To prove that no piece could be removed, no matter which way you pulled, Snoeyink had to demonstrate that each piece would run into resistance in all possible directions. He therefore examined all the surfaces where a piece was in contact with its neighbors. Each surface marked a boundary, like the wall of a prison cell, and thus a direction in which the piece was blocked. Snoeyink expanded these boundary surfaces into planes. If the planes intersected to form a fully enclosed space--a sealed prison cell--then he knew that the piece was trapped. But if the intersecting planes left an opening, then a piece could be pulled free like a prisoner lifted from a roofless jail cell. After examining the boundary surfaces for all his pieces, Snoeyink found that everything was indeed trapped. No individual stick could be moved without disturbing the others.

Snoeyink had proved the folk theorem wrong, but he wasn't satisfied yet. Even mathematicians have some respect for reality, and he knew that in real life, you can take things apart not just by pulling on the pieces but also by twisting them as you pull. Sometimes you can also remove them in combinations: there may be cases where one stick can't be moved without resistance but two together can. Snoeyink wondered whether it would be possible to build a structure that could withstand these additional manipulations. Teaming up with fellow geometer Jorge Stolfi from the University of Campinas in Brazil, he took five of his six-stick configurations and interlocked them into the 30-stick cluster shown at right. (Each six-stick model is color-coded so it's clear that there are five identical models within the larger cluster.) To enable the old sticks to fit perfectly in this more complex structure, Snoeyink and Stolfi made them 12-sided, thereby allowing each piece to rest snugly against its many neighbors. The new sticks also behave like wedges.

The problem with a 30-stick cluster is that there are more than a billion combinations of pieces that can be removed from the whole, and calculating whether each could be pulled out or twisted away would take more time than any mortal mathematician has available. To make the problem easier, Snoeyink and Stolfi reasoned that the 30-stick cluster has many symmetries, meaning that many of the pieces throughout the structure fit together in the same way. By determining that one group of sticks couldn't be removed from the whole, they could conclude that identical groups all around the cluster were also unremovable, thus eliminating redundant calculations.

This reduced the number of combinations to about 120,000--a difficult but not unmanageable number. Snoeyink's computer performed the calculations and delivered the verdict: the 30-stick object apparently remains stuck no matter which way you push, pull, or twist with two hands.

Snoeyink's stuck sticks don't merely satisfy mathematical curiosity; they also have practical applications.
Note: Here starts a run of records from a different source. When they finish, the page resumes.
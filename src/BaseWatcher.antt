-- ===== src/BaseWatcher.antt =====
-- services/bridge/src/workers/base-watcher.ts: it turns the BridgeBurn events of Base into
-- withdrawals and release jobs, in windows of blocks behind a cursor.
pub mod Scan
pub mod Cursor
pub mod Releases
pub mod CatchUp
mod Tests
use faircoin_bridge.Amounts.{apply_fee, sats_to_wei}
use faircoin_bridge.Effects.{
  Error, act, ask, catch, look, modify, pure, query, skip, throw, ◌>>=◌, ◌>>◌,
}
use faircoin_bridge.Models.Chain.{Burn, Log}
use faircoin_bridge.Models.Withdrawal.{Withdrawal, WithdrawalStatus}
use faircoin_bridge.Prelude.{
  Bool, List, Option, [], false, first, if◌then◌else◌, leb, ltb, none, not, some, suc, true, zero,
  ℕ, ◌&&◌, ◌*◌, ◌++◌, ◌+◌, ◌-◌, ◌/◌, ◌==◌, ◌∷◌,
}
use faircoin_bridge.Prelude.Collection.{Collection, find_all, find_one, next_id}
use faircoin_bridge.Store.{Action, Alert, Config, Env, ReleaseJob, Store, alert}

-- The key of a burn: its transaction and the index of its log.
abbrev pub is_burn : ℕ → ℕ → Withdrawal → Bool
is_burn hash index d = d.base_burn_tx_hash == hash && d.log_index == index

-- A burn that a log reports in full.
pub record SeenBurn : Type 0 where
  pub hash : ℕ
  pub index : ℕ
  pub block : ℕ
  pub burn : Burn

-- The guards of `processLog`: identifiers that are missing, and `decodeBurn`.
unfoldable pub seen_burn : Log → Option SeenBurn
seen_burn l = go l.transaction_hash l.log_index l.block_number l.burn
  where
    go : Option ℕ → Option ℕ → Option ℕ → Option Burn → Option SeenBurn
    go (some h) (some i) (some b) (some burn) =
        some (record { hash = h; index = i; block = b; burn = burn })
    go _ _ _ _ = none

-- The status filter of `sumDailyWithdrawalSatsForAddress`.
counted_status : WithdrawalStatus → Bool
counted_status WithdrawalStatus.confirmed = true
counted_status WithdrawalStatus.signing = true
counted_status WithdrawalStatus.broadcast = true
counted_status WithdrawalStatus.final = true
counted_status _ = false

day_ms : ℕ
day_ms = 86_400_000

counted : ℕ → ℕ → Withdrawal → Bool
counted from now d =
    d.from_base_address == from && leb (now - day_ms) d.created_at && counted_status d.status

total_sats : Collection Withdrawal → ℕ
total_sats [] = 0
total_sats ((_, d) ∷ c) = d.amount_sats + total_sats c

daily_sats : ℕ → ℕ → Store → ℕ
daily_sats from now s = total_sats (find_all (counted from now) s.withdrawals)

-- The document of a burn, before it is created.
abbrev pub new_withdrawal :
    SeenBurn → (address amount_wei amount_sats : ℕ) → WithdrawalStatus → Withdrawal
new_withdrawal b address amount_wei amount_sats status = record {
  base_burn_tx_hash = b.hash;
  base_block_number = b.block;
  log_index = b.index;
  from_base_address = b.burn.from;
  destination_fair_address = address;
  amount_wei = amount_wei;
  amount_sats = amount_sats;
  status = status;
  fair_txid = none;
  fair_confirmations = 0;
  fair_broadcast_at = none;
  created_at = 0;
}

-- What `Withdrawal.create` does, given a document with the same key; `none` is a duplicate.
unfoldable pub insert_unless :
    Option (ℕ × Withdrawal) → (id now : ℕ) → Withdrawal → Store → Option ℕ × Store
insert_unless (some _) id now d s = (none, s)
insert_unless none id now d s =
    (some id, record s { withdrawals = s.withdrawals ++ (id, record d { created_at = now }) ∷ [] })

-- `Withdrawal.create` under the unique index on the burn's key
unfoldable pub insert_withdrawal : (id now : ℕ) → Withdrawal → Store → Option ℕ × Store
unfolding insert_unless
insert_withdrawal id now d s =
    insert_unless (find_one (is_burn d.base_burn_tx_hash d.log_index) s.withdrawals) id now d s

unfoldable pub job_of : ℕ → Withdrawal → ReleaseJob
job_of id d = record {
  withdrawal_id = id;
  destination_fair_address = d.destination_fair_address;
  amount_sats = d.amount_sats;
  base_burn_tx_hash = d.base_burn_tx_hash;
  log_index = d.log_index;
}

-- The release of a burn is the burned amount in whole sats, less the fee.
unfoldable pub released_sats : Config → SeenBurn → ℕ
released_sats config b = apply_fee (b.burn.amount / sats_to_wei) config.bridge_fee_bps

orphan_withdrawal_age_ms : ℕ
orphan_withdrawal_age_ms = 300_000

is_confirmed : WithdrawalStatus → Bool
is_confirmed WithdrawalStatus.confirmed = true
is_confirmed _ = false

orphaned : ℕ → Withdrawal → Bool
orphaned now d = is_confirmed d.status && ltb d.created_at (now - orphan_withdrawal_age_ms)

initial_backfill_blocks : ℕ
initial_backfill_blocks = 50

max_log_range : ℕ
max_log_range = 10

-- The last block of the window that starts at a block.
unfoldable pub window_end : (from safe_tip : ℕ) → ℕ
unfolding max_log_range
window_end from safe_tip =
    if ltb safe_tip (from + max_log_range - 1) then safe_tip else from + max_log_range - 1

set_cursor : ℕ → Store → Store
set_cursor block s = record s { base_cursor = some block }

-- `findOneAndUpdate` with `$setOnInsert`
upsert_cursor : ℕ → Store → ℕ × Store
upsert_cursor tip s = elim s.base_cursor [
  | some last ↦ (last, s)
  | none ↦ (tip - initial_backfill_blocks, set_cursor (tip - initial_backfill_blocks) s)
]

module _ (config : Config) (env : Env) where
  open env use {fate}

  created : Option ℕ → Action ℕ
  created none = throw Error.duplicate_key
  created (some id) = pure id

  create_withdrawal : Withdrawal → Action ℕ
  create_withdrawal d =
      act fate (λ n s. insert_withdrawal (next_id s.withdrawals) (env.now n) d s) >>= created

  add_release_job : ReleaseJob → Action (Unit {0})
  add_release_job job = modify fate (λ s. record s { release_jobs = job ∷ s.release_jobs })

  -- A `validateAddress` that throws counts as an address that is not valid.
  is_valid_destination : ℕ → Action Bool
  is_valid_destination address =
      catch (ask fate (λ n. env.is_valid_address n address)) (λ _. pure false)

  fail_burn : SeenBurn → ℕ → Alert → Action (Unit {0})
  fail_burn b address a = do
    create_withdrawal (
        new_withdrawal b address b.burn.amount (b.burn.amount / sats_to_wei)
          WithdrawalStatus.failed)
    alert env a

  release_burn : SeenBurn → ℕ → Action (Unit {0})
  release_burn b address = do
    let d =
        new_withdrawal b address (released_sats config b * sats_to_wei) (released_sats config b)
          WithdrawalStatus.confirmed
    id ← create_withdrawal d
    add_release_job (job_of id d)

  over_cap : SeenBurn → ℕ → Bool
  over_cap b daily_so_far =
      ltb config.per_address_daily_cap_sats (daily_so_far + b.burn.amount / sats_to_wei)

  accept_burn : SeenBurn → ℕ → Action (Unit {0})
  accept_burn b address = do
    daily_so_far ← act fate (λ n s. (daily_sats b.burn.from (env.now n) s, s))
    if over_cap b daily_so_far
        then fail_burn b address (Alert.withdrawal_over_cap b.burn.from)
        else release_burn b address

  process_new : SeenBurn → Option (ℕ × Withdrawal) → Action (Unit {0})
  process_new b (some _) = skip
  process_new b none = do
    valid ← is_valid_destination (env.address_text b.burn.faircoin_address)
    if valid
        then accept_burn b (env.address_text b.burn.faircoin_address)
        else fail_burn b (env.address_text b.burn.faircoin_address) (Alert.bad_burn_address b.hash)

  process_seen : Option SeenBurn → Action (Unit {0})
  process_seen none = skip
  process_seen (some b) =
      query fate (λ s. find_one (is_burn b.hash b.index) s.withdrawals) >>= process_new b

  -- `processLog`
  pub process_log : Log → Action (Unit {0})
  process_log l = process_seen (seen_burn l)

  add_orphans : Collection Withdrawal → Action (Unit {0})
  add_orphans [] = skip
  add_orphans ((id, d) ∷ c) = add_release_job (job_of id d) >> add_orphans c

  -- `reconcileOrphanWithdrawals`, 50 documents at a time
  pub reconcile_orphan_withdrawals : Action (Unit {0})
  reconcile_orphan_withdrawals =
      act fate (λ n s. (first 50 (find_all (orphaned (env.now n)) s.withdrawals), s))
      >>= add_orphans

  -- The logs of a window; an abort leaves the rest out.
  pub process_logs : List Log → Action (Unit {0})
  process_logs [] = skip
  process_logs (l ∷ ls) = do
    aborted ← look env.aborted
    if aborted then skip else process_log l >> process_logs ls

  scan_window : (from to : ℕ) → Action (Unit {0})
  scan_window from to = do
    logs ← ask fate (λ n. env.burn_logs n from to)
    process_logs logs
    modify fate (set_cursor to)

  -- The `while` loop over the windows; each window has a block, so `safe_tip` less the cursor is
  -- enough fuel.
  scan : (fuel from safe_tip : ℕ) → Action (Unit {0})
  scan zero from safe_tip = skip
  scan (suc fuel) from safe_tip = do
    let to = window_end from safe_tip
    let next = scan_window from to >> scan fuel (to + 1) safe_tip
    aborted ← look env.aborted
    if leb from safe_tip && not aborted then next else skip

  scan_from : (safe_tip last : ℕ) → Action (Unit {0})
  scan_from safe_tip last =
      if ltb last safe_tip then scan (safe_tip - last) (last + 1) safe_tip else skip

  -- The body of the `try` in `startBaseWatcher`.
  pub scan_chain : Action (Unit {0})
  scan_chain = do
    reconcile_orphan_withdrawals
    tip ← ask fate env.base_tip
    last ← act fate (λ _ s. upsert_cursor tip s)
    scan_from (tip - config.base_confirmations) last

  -- `startBaseWatcher`, for a number of rounds; what a round throws is logged.
  pub base_watcher : ℕ → Action (Unit {0})
  base_watcher zero = skip
  base_watcher (suc rounds) = do
    let next = base_watcher rounds
    aborted ← look env.aborted
    if aborted then skip else catch scan_chain (λ _. skip) >> next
Since taking things apart is just the flip side of putting them together, Snoeyink's work is important for manufacturing. When a robot puts together a complex machine like a jet engine, it needs to know in what order to assemble the many interacting pieces. Currently computers have to calculate all the different assembly sequences and discard the bad ones. Snoeyink's puzzles, however, can lead to general rules about what can't be put together, ruling out certain sequences so a computer wouldn't even have to try them.

In Snoeyink's office stands a bookcase displaying a collection of puzzles: funky cubes and spheres with slotted pieces, models of his own six- and 30-stick configurations, and of course, sets of plain old pickup sticks. Hanging in the atrium of the computer science department is the giant 450-pound, brightly painted aluminum model he built of his 30-stick puzzle. "In some ways, doing any research is like doing a puzzle," says Snoeyink, "puzzles like 'How does a virus work?' or 'What's the latest particle in particle physics?' I just do the puzzles more literally than most researchers."